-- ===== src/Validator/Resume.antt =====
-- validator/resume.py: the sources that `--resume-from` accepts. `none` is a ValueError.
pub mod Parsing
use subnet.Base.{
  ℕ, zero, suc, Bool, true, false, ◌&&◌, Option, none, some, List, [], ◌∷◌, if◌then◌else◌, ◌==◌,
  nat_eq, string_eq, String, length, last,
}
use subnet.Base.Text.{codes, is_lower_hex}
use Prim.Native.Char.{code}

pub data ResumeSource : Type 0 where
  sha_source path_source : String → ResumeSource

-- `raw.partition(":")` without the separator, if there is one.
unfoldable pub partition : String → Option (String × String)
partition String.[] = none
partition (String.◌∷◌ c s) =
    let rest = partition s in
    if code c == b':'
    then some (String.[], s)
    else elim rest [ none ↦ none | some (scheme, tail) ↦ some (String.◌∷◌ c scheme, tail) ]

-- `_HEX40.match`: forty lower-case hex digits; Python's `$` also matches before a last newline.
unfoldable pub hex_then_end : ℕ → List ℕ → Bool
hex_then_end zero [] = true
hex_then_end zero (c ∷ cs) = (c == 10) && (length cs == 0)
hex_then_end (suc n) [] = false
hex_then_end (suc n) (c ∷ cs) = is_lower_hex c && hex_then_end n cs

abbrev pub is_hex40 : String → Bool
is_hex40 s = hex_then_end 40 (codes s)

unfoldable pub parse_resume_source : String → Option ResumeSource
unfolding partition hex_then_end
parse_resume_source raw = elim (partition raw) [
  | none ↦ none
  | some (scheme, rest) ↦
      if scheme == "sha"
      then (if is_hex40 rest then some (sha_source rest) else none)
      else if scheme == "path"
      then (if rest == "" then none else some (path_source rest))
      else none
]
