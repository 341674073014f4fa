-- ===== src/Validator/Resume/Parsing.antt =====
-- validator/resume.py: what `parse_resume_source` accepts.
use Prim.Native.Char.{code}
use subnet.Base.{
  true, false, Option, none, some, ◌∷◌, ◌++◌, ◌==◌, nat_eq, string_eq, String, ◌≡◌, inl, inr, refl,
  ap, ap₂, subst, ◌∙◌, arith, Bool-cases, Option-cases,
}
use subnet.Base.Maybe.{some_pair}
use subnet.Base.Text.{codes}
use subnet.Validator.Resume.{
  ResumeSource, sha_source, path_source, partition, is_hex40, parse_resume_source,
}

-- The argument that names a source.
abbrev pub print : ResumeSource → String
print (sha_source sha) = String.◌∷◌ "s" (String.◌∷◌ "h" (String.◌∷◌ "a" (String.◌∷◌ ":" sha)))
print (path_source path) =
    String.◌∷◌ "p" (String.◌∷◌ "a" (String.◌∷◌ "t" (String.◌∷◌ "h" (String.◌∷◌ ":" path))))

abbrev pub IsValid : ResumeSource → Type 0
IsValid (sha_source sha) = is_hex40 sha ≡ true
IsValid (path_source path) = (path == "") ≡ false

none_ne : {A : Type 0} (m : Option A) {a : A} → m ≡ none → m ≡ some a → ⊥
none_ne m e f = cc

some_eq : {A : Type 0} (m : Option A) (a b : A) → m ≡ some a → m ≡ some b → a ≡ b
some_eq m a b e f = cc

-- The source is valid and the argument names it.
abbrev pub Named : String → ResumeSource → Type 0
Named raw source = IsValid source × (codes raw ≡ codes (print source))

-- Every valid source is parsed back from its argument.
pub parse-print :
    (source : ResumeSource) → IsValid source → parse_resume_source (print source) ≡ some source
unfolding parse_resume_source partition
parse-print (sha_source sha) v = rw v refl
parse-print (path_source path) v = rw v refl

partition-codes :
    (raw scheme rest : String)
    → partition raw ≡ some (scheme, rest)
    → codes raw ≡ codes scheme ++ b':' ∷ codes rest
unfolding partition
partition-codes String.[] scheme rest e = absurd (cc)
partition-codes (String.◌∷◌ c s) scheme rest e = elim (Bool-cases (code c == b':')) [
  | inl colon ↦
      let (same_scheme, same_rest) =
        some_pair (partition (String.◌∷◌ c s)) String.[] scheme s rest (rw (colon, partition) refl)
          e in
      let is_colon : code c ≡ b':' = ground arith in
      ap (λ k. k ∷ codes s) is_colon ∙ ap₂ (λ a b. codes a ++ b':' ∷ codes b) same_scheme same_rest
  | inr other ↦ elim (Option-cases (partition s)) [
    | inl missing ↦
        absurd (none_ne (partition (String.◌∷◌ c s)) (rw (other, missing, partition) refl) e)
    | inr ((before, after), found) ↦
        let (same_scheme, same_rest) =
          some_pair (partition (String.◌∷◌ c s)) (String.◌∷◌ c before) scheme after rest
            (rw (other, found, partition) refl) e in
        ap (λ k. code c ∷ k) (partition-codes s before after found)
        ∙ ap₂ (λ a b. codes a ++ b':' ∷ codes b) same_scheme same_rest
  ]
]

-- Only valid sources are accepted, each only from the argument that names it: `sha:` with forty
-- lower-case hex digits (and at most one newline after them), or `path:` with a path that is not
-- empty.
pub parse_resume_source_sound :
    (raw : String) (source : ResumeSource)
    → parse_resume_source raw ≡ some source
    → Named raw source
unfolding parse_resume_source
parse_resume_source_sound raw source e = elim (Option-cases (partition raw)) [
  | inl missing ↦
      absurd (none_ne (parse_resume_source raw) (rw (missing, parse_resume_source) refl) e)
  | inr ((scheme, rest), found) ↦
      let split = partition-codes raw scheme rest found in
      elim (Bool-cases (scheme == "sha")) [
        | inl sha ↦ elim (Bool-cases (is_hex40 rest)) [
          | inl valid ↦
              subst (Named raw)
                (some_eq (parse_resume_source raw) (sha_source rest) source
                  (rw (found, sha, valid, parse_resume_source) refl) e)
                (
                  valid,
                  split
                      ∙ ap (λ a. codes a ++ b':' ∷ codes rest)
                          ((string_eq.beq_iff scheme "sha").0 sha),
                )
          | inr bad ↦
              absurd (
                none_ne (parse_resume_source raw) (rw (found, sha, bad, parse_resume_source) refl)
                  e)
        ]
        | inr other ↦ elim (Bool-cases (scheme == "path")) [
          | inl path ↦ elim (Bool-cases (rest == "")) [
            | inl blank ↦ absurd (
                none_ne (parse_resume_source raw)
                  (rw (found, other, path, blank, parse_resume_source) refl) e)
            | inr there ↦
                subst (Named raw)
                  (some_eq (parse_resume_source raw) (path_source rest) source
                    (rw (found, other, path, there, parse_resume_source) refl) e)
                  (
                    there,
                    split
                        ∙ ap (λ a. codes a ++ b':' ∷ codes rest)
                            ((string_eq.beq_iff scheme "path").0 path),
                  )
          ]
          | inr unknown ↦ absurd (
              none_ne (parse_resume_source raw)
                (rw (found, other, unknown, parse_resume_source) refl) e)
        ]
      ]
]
-----
WORK TO BE COMPLETED: Copy each line of the entries that includes the word "absurd".

RESULT OF THIS TASK:
partition-codes String.[] scheme rest e = absurd (cc)
        absurd (none_ne (partition (String.◌∷◌ c s)) (rw (other, missing, partition) refl) e)
      absurd (none_ne (parse_resume_source raw) (rw (missing, parse_resume_source) refl) e)
              absurd (
            | inl blank ↦ absurd (
          | inr unknown ↦ absurd (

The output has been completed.